AXA IM: Integrating biodiversity into fixed income portfolios – why and how

By Bruno Bamberger, co-Head of Fixed Income Investment Specialists, AXA Investment Managers
Biodiversity affects every part of our lives. This also means that the impacts of biodiversity loss could be felt across investment strategies. Looking specifically at fixed income, we see important reasons why investors should integrate biodiversity into their decision making.
Biodiversity loss presents risks that could impact the performance of all investment portfolios, including those focused on fixed income. Specific risks we have identified include:
- Physical risks arising from the degradation of ecosystems and biodiversity, which can directly impact the performance of assets within fixed income portfolios.
- Transition risks related to companies that fail to adopt sustainable practices, exposing them to potential liability risks and higher operational costs.
- Systemic risks including inflationary pressures that could affect entire sectors and not just individual issuers.
Companies that don’t proactively manage these risks may experience financial difficulties, impacting their ability to repay debts.

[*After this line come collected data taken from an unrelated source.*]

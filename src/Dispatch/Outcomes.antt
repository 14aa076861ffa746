-- ===== src/Dispatch/Outcomes.antt =====
-- What `dispatchWithFailover` of pkg/router/dispatch.go can return, and whom it asks.
use infermesh.Prelude.{
  ℕ, suc, zero, ◌≤◌, ◌≡◌, String, Bool, true, false, Option, none, some, List, [], ◌∷◌, Memᴰ, arith,
  length, ◌==◌, if◌then◌else◌,
}
use infermesh.Dispatch.{
  Err, err_rate_limited, err_all_attempts_failed, is_retryable_error, Result, ok, err, Effect,
  rejects, begins, finishes, Attempt, exhausted, failover_loop, dispatch_with_failover,
}
use infermesh.Dispatch.Turn.{
  Turn, turn, expires, no_worker, skips, answers, retries, fails_fast, began, began-record_once,
}

-- None of the workers is in the list, nor asked earlier.
abbrev pub Untried : List String → List String → Type 0
Untried excluded [] = Unit
Untried excluded (w ∷ ws) = (¬ Memᴰ w excluded) × Untried (w ∷ excluded) ws

Untried-fewer :
    (excluded more ws : List String)
    → ((x : String) → Memᴰ x excluded → Memᴰ x more)
    → Untried more ws
    → Untried excluded ws
Untried-fewer excluded more [] s u = tt
Untried-fewer excluded more (w ∷ ws) s u =
    (λ h. u.0 (s w h), Untried-fewer (w ∷ excluded) (w ∷ more) ws (under w) u.1)
  where
    under : (w x : String) → Memᴰ x (w ∷ excluded) → Memᴰ x (w ∷ more)
    under w x (Memᴰ.head e) = Memᴰ.head e
    under w x (Memᴰ.tail h) = Memᴰ.tail (s x h)

-- At most `n` workers are asked, none of them excluded and none twice.
abbrev pub Asks : ℕ → List String → List Effect → Type 0
Asks n excluded es = (length (began es) ≤ n) × Untried excluded (began es)

weaken : (excluded ws : List String) (w : String) → Untried (w ∷ excluded) ws → Untried excluded ws
weaken excluded ws w u = Untried-fewer excluded (w ∷ excluded) ws (λ x h. Memᴰ.tail h) u

module _ {Body : Type 0} where
  -- The ways in which a dispatch ends: a worker's answer, an error that wraps `errAllAttemptsFailed`, or
  -- a worker's error that is not to be retried.
  pub data Outcome (attempts : ℕ → Attempt Body) : Result Body → Type 0 where
    answered :
        (k : ℕ) (w : String) (body : Body)
        → (attempts k).complete w ≡ ok body
        → Outcome attempts (ok body)
    gave_up : (e : Err) → Outcome attempts (err (err_all_attempts_failed ∷ e))
    failed_fast :
        (k : ℕ) (w : String) (e : Err)
        → (attempts k).complete w ≡ err e
        → is_retryable_error e ≡ false
        → Outcome attempts (err e)

  turn-Outcome :
      (attempts : ℕ → Attempt Body) (model : String) (k : ℕ) (excluded : List String)
      (recorded : Bool) (next : List String → Option Err → Bool → Result Body × List Effect)
      (r : Result Body × List Effect)
      → Turn (attempts k) model excluded recorded next r
      → ((ex : List String) (last : Option Err) (b : Bool) → Outcome attempts (next ex last b).0)
      → Outcome attempts r.0
  turn-Outcome attempts model k excluded recorded next r (expires e) h = gave_up e
  turn-Outcome attempts model k excluded recorded next r (no_worker e) h =
      h excluded (some e) recorded
  turn-Outcome attempts model k excluded recorded next r (skips w s) h =
      h (w ∷ excluded) (some (err_rate_limited ∷ [])) true
  turn-Outcome attempts model k excluded recorded next r (answers w body s l c) h =
      answered k w body c
  turn-Outcome attempts model k excluded recorded next r (retries w e s l c t) h =
      h (w ∷ excluded) (some e) true
  turn-Outcome attempts model k excluded recorded next r (fails_fast w e s l c t) h =
      failed_fast k w e c t

  exhausted-Outcome :
      (attempts : ℕ → Attempt Body) (last : Option Err) → Outcome attempts (err (exhausted last))
  unfolding exhausted
  exhausted-Outcome attempts none = gave_up _
  exhausted-Outcome attempts (some e) = gave_up e

  loop-Outcome :
      (attempts : ℕ → Attempt Body) (model : String) (n k : ℕ) (excluded : List String)
      (last : Option Err) (recorded : Bool)
      → Outcome attempts (failover_loop attempts model n k excluded last recorded).0
  unfolding failover_loop
  loop-Outcome attempts model zero k excluded last recorded = exhausted-Outcome attempts last
  loop-Outcome attempts model (suc n) k excluded last recorded =
      turn-Outcome attempts model k excluded recorded (failover_loop attempts model n (suc k)) _
        (turn attempts model n k excluded last recorded) (loop-Outcome attempts model n (suc k))

  -- Every dispatch ends, with the answer of a worker, with an error that wraps `errAllAttemptsFailed`,
  -- or with the error of a worker that is not to be retried.
  pub dispatch-Outcome :
      (attempts : ℕ → Attempt Body) (model : String) (max : ℕ)
      → Outcome attempts (dispatch_with_failover attempts model max).0
  unfolding dispatch_with_failover
  dispatch-Outcome attempts model max =
      loop-Outcome attempts model (if max == 0 then 1 else max) 0 [] none false

  -- The selection leaves out the excluded workers.
  abbrev pub Excludes : (ℕ → Attempt Body) → Type 0
  Excludes attempts =
      (k : ℕ) (excluded : List String) (w : String)
      → (attempts k).select_excluding excluded ≡ ok w
      → ¬ Memᴰ w excluded

  turn-Asks :
      (attempts : ℕ → Attempt Body) (model : String) (n k : ℕ) (excluded : List String)
      (recorded : Bool) (next : List String → Option Err → Bool → Result Body × List Effect)
      (r : Result Body × List Effect)
      → Excludes attempts
      → Turn (attempts k) model excluded recorded next r
      → ((ex : List String) (last : Option Err) (b : Bool) → Asks n ex (next ex last b).1)
      → Asks (suc n) excluded r.1
  turn-Asks attempts model n k excluded recorded next r x (expires e) h = (omega arith, tt)
  turn-Asks attempts model n k excluded recorded next r x (no_worker e) h =
      let (l, u) = h excluded (some e) recorded in (omega arith, u)
  turn-Asks attempts model n k excluded recorded next r x (skips w s) h =
      let (l, u) = h (w ∷ excluded) (some (err_rate_limited ∷ [])) true in
      rw
        (began-record_once recorded model
          (rejects w 429 ∷ (next (w ∷ excluded) (some (err_rate_limited ∷ [])) true).1))
        (omega arith, weaken excluded _ w u)
  turn-Asks attempts model n k excluded recorded next r x (answers w body s l c) h =
      rw (began-record_once recorded model (begins w ∷ finishes w true ∷ []))
        (omega arith, (x k excluded w s, tt))
  turn-Asks attempts model n k excluded recorded next r x (retries w e s l c t) h =
      let (l, u) = h (w ∷ excluded) (some e) true in
      rw
        (began-record_once recorded model
          (begins w ∷ finishes w false ∷ (next (w ∷ excluded) (some e) true).1))
        (omega arith, (x k excluded w s, u))
  turn-Asks attempts model n k excluded recorded next r x (fails_fast w e s l c t) h =
      rw (began-record_once recorded model (begins w ∷ finishes w false ∷ []))
        (omega arith, (x k excluded w s, tt))

  loop-Asks :
      (attempts : ℕ → Attempt Body) (model : String) (n k : ℕ) (excluded : List String)
      (last : Option Err) (recorded : Bool)
      → Excludes attempts
      → Asks n excluded (failover_loop attempts model n k excluded last recorded).1
  unfolding failover_loop
  loop-Asks attempts model zero k excluded last recorded x = (omega arith, tt)
  loop-Asks attempts model (suc n) k excluded last recorded x =
      turn-Asks attempts model n k excluded recorded (failover_loop attempts model n (suc k)) _ x
        (turn attempts model n k excluded last recorded)
        (λ ex l b. loop-Asks attempts model n (suc k) ex l b x)

  -- Where the selection leaves out the excluded workers, a dispatch sends the request to no worker
  -- twice, and to at most as many as it has attempts.
  pub dispatch-Asks :
      (attempts : ℕ → Attempt Body) (model : String) (max : ℕ)
      → Excludes attempts
      → Asks (if max == 0 then 1 else max) [] (dispatch_with_failover attempts model max).1
  unfolding dispatch_with_failover
  dispatch-Asks attempts model max x =
      loop-Asks attempts model (if max == 0 then 1 else max) 0 [] none false x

Growing interest in protecting biodiversity from asset owners
Aside from the need for risk management, there is rising demand from asset owners seeking to mitigate their negative impacts on biodiversity by reducing the biodiversity footprint of their investments. Estimates from entities like the Convention on Biological Diversity suggest that between $ 150 billion and $ 440 billion annually is needed to reverse biodiversity loss, indicating a significant gap between current financial flows and what is necessary.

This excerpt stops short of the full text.